SOURCE DATA |
Start of Block

-- ===== src/Grid/Scroll.antt =====
-- `scroll_up` of a region that starts at the top of the screen: what every line holds afterwards.
use alacritty_pro.Prelude.{
  ℕ, ◌+◌, ◌-◌, ◌≤◌, ◌≡◌, refl, ◌∙◌, ap, Bool, true, false, arith, ◌==◌, if◌then◌else◌, min, inl,
  inr, >>=-step, ◌&&◌,
}
use alacritty_pro.Prelude.Int.{pos, neg, pos_part, neg_part}
use alacritty_pro.Index.{sub_line}
use alacritty_pro.Row.{Row, GridCell}
use alacritty_pro.Row.Occupied.{IsLawful, blank_row}
use alacritty_pro.Storage
use alacritty_pro.Storage.{Storage}
use alacritty_pro.Storage.View.{ring, length-ring}
use alacritty_pro.Storage.Access.{SameShape-IsValid}
use alacritty_pro.Grid.Defs.{
  Grid, increase_scroll_limit, scroll_up, for_lines, for_lines_rev, for_up, for_down, reset_line,
  reset_lines, swap_up,
}
use alacritty_pro.Grid.Lines.{row_at, AllRows, Lifted, fixed_lines, Cleared, reset_lines_lem}
use alacritty_pro.Grid.Up.{
  IsLine, IsValid, blank-IsLine, reset-IsLine, gained, Grown, increase_scroll_limit-Grown, Rotated,
  rotate-Rotated, between, ScrolledUp,
}

start_of : (e k : ℕ) → k ≤ e → sub_line (pos e) k ≡ pos (e - k)
start_of e k h = ground arith

and-false : (b : Bool) → (b && false) ≡ false
and-false true = refl
and-false false = refl

module _ {T : Type 0} ⦃cell : GridCell T⦄ where
  down_rounds :
      (k e l : ℕ) (s : Storage T)
      → for_lines_rev (swap_up k) (pos e) (pos l) s ≡ for_down (swap_up k) (l - e) (pos e) s
  unfolding for_lines_rev
  down_rounds k e l s = ap (λ n. for_down (swap_up k) n (pos e) s) (between e l)

  reset_rounds :
      (template : T) (e k : ℕ) (s : Storage T)
      → k ≤ e
      → reset_lines template (sub_line (pos e) k) (pos e) s
        ≡ for_up (reset_line template) k (pos (e - k)) s
  unfolding reset_lines for_lines
  reset_rounds template e k s h =
      ap (λ l. for_up (reset_line template) (pos_part (pos e) + neg_part l - (pos_part l + 0)) l s)
        (start_of e k h)
      ∙ ap (λ n. for_up (reset_line template) n (pos (e - k)) s) (omega arith)

  -- The grid with the display offset that a scroll sets first.
  abbrev shown : Grid T → ℕ → Grid T
  shown g k = record g {
    display_offset =
        if g.display_offset == 0
        then g.display_offset
        else min (g.display_offset + k) g.max_scroll_limit;
  }

  shown-IsValid : (g : Grid T) (k : ℕ) → IsValid g → IsValid (shown g k)
  shown-IsValid g k v = record {
    raw = v.raw;
    visible = v.visible;
    some_column = v.some_column;
    rows = v.rows;
    limit = v.limit;
  }

  -- The scrolled grid, put together from the steps of the code.
  assemble :
      (g : Grid T) (e k : ℕ) (v : IsValid g)
      → k ≤ e
      → e ≤ g.lines
      → (grown : Grown (shown g k) (gained g k) (increase_scroll_limit (shown g k) k))
      → (rotated : Rotated (IsLine g.columns) k grown.raw (Storage.rotate grown.raw (neg (pos k))))
      → (lifted : Lifted
          (IsLine g.columns)
          (row_at rotated.out)
          k
          (rotated.out.visible_lines - e)
          rotated.out
          (for_down (swap_up k) (g.lines - e) (pos e) rotated.out))
      → (cleared : Cleared
          (IsLine g.columns)
          (blank_row g.columns g.cursor.template)
          (lifted.out.visible_lines - (e - k) - k)
          (lifted.out.visible_lines - (e - k))
          lifted.out
          (for_up (reset_line g.cursor.template) k (pos (e - k)) lifted.out))
      → ScrolledUp g e k (scroll_up g (record { start = pos 0; end = pos e }) k)
  unfolding scroll_up for_lines_rev reset_lines for_lines
  assemble g e k v hk he grown rotated lifted cleared = record {
    out = record (shown g k) { raw = cleared.out };
    returns =
        rw (and-false, grown.returns, rotated.returns)
          (>>=-step _ _ (down_rounds k e g.lines rotated.out ∙ lifted.returns) (
            >>=-step _ _ (reset_rounds g.cursor.template e k lifted.out hk ∙ cleared.returns)
              refl));
    valid = record {
      raw = SameShape-IsValid cleared.shape (SameShape-IsValid lifted.shape rotated.valid);
      visible = omega (arith, cleared.shape, lifted.shape, rotated.same, grown.visible);
      some_column = v.some_column;
      rows = cleared.all;
      limit = omega (arith, cleared.shape, lifted.shape, rotated.same, grown.len, v.limit);
    };
    screen = record { lines = refl; columns = refl; cursor = refl; saved = refl; limit = refl };
    history = omega (arith, cleared.shape, lifted.shape, rotated.same, grown.len, v.raw, v.visible);
    below = λ q h.
        cleared.kept q (inl (omega (arith, lifted.shape, rotated.same, grown.visible)))
        ∙ (lifted.below q (omega (arith, rotated.same, grown.visible))
            ∙ (rotated.moved (q + k) (omega arith) (omega (arith, grown.valid, grown.visible))
                ∙ (ap (row_at grown.raw) (omega arith)
                    ∙ grown.prefix q (omega (arith, length-ring v.raw, v.raw, v.visible)))));
    entered = λ q a b.
        cleared.cleared q (omega (arith, lifted.shape, rotated.same, grown.visible))
          (omega (arith, lifted.shape, rotated.same, grown.visible));
    above = λ q a b.
        cleared.kept q (inr (omega (arith, lifted.shape, rotated.same, grown.visible)))
        ∙ (lifted.above q (omega (arith, rotated.same, grown.visible))
              (omega (arith, cleared.shape, lifted.shape, rotated.same, grown.valid, grown.visible))
            ∙ (rotated.moved q (omega arith) (
                  omega
                    (arith, cleared.shape, lifted.shape, rotated.same, grown.valid, grown.visible))
                ∙ grown.prefix (q - k) (
                    omega (
                      arith,
                      cleared.shape,
                      lifted.shape,
                      rotated.same,
                      grown.len,
                      length-ring v.raw,
                      v.raw,
                      v.visible,
                    ))));
    offset = ground arith;
  }

  lift :
      (P : Row T → Type 0) (e k l : ℕ) (s : Storage T)
      → Storage.View.IsValid s
      → k ≤ e
      → e ≤ l
      → s.visible_lines ≡ l
      → AllRows P s
      → Lifted P (row_at s) k (s.visible_lines - e) s (for_down (swap_up k) (l - e) (pos e) s)
  lift P e k l s v hk he visible all =
      fixed_lines P (row_at s) k e (l - e) s v hk (omega arith) (λ q h. absurd (omega arith))
        (λ q a b. refl) all

  after_rotation :
      (g : Grid T) (e k : ℕ) (v : IsValid g) (lawful : IsLawful cell)
      → k ≤ e
      → e ≤ g.lines
      → (grown : Grown (shown g k) (gained g k) (increase_scroll_limit (shown g k) k))
      → (rotated : Rotated (IsLine g.columns) k grown.raw (Storage.rotate grown.raw (neg (pos k))))
      → (lifted : Lifted
          (IsLine g.columns)
          (row_at rotated.out)
          k
          (rotated.out.visible_lines - e)
          rotated.out
          (for_down (swap_up k) (g.lines - e) (pos e) rotated.out))
      → ScrolledUp g e k (scroll_up g (record { start = pos 0; end = pos e }) k)
  after_rotation g e k v lawful hk he grown rotated lifted =
      assemble g e k v hk he grown rotated lifted (
        reset_lines_lem (IsLine g.columns) (blank_row g.columns g.cursor.template) g.cursor.template
          k (e - k) lifted.out (reset-IsLine lawful g.columns g.cursor.template v.some_column)
          (blank-IsLine g.columns g.cursor.template) (SameShape-IsValid lifted.shape rotated.valid)
          (omega (arith, lifted.shape, rotated.same, grown.visible)) lifted.all)

  after_growth :
      (g : Grid T) (e k : ℕ) (v : IsValid g) (lawful : IsLawful cell)
      → k ≤ e
      → e ≤ g.lines
      → (grown : Grown (shown g k) (gained g k) (increase_scroll_limit (shown g k) k))
      → (rotated : Rotated (IsLine g.columns) k grown.raw (Storage.rotate grown.raw (neg (pos k))))
      → ScrolledUp g e k (scroll_up g (record { start = pos 0; end = pos e }) k)
  after_growth g e k v lawful hk he grown rotated =
      after_rotation g e k v lawful hk he grown rotated (
        lift (IsLine g.columns) e k g.lines rotated.out rotated.valid hk he
          (omega (arith, rotated.same, grown.visible)) rotated.all)

  -- On a valid grid whose cells keep the promises of the rows, scrolling a region from the top of the
  -- screen to line `e` up by at most its
  -- height does not panic, leaves a valid grid, and moves the lines as `ScrolledUp` says; the history
  -- grows by the number of lines scrolled, up to its limit.
  pub scroll_up-ScrolledUp :
      (lawful : IsLawful cell) (g : Grid T) (e k : ℕ)
      → IsValid g
      → k ≤ e
      → e ≤ g.lines
      → ScrolledUp g e k (scroll_up g (record { start = pos 0; end = pos e }) k)
  scroll_up-ScrolledUp lawful g e k v hk he =
      let grown = increase_scroll_limit-Grown lawful (shown g k) k (shown-IsValid g k v) in
      after_growth g e k v lawful hk he grown (
        rotate-Rotated (IsLine g.columns) k grown.raw grown.valid
          (omega (arith, grown.valid, grown.visible)) grown.rows)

End of Block

Filter the listing so that only lines holding the word "SameShape" remain, and copy those lines.

THE ANSWER |
use alacritty_pro.Storage.Access.{SameShape-IsValid}
      raw = SameShape-IsValid cleared.shape (SameShape-IsValid lifted.shape rotated.valid);
          (blank-IsLine g.columns g.cursor.template) (SameShape-IsValid lifted.shape rotated.valid)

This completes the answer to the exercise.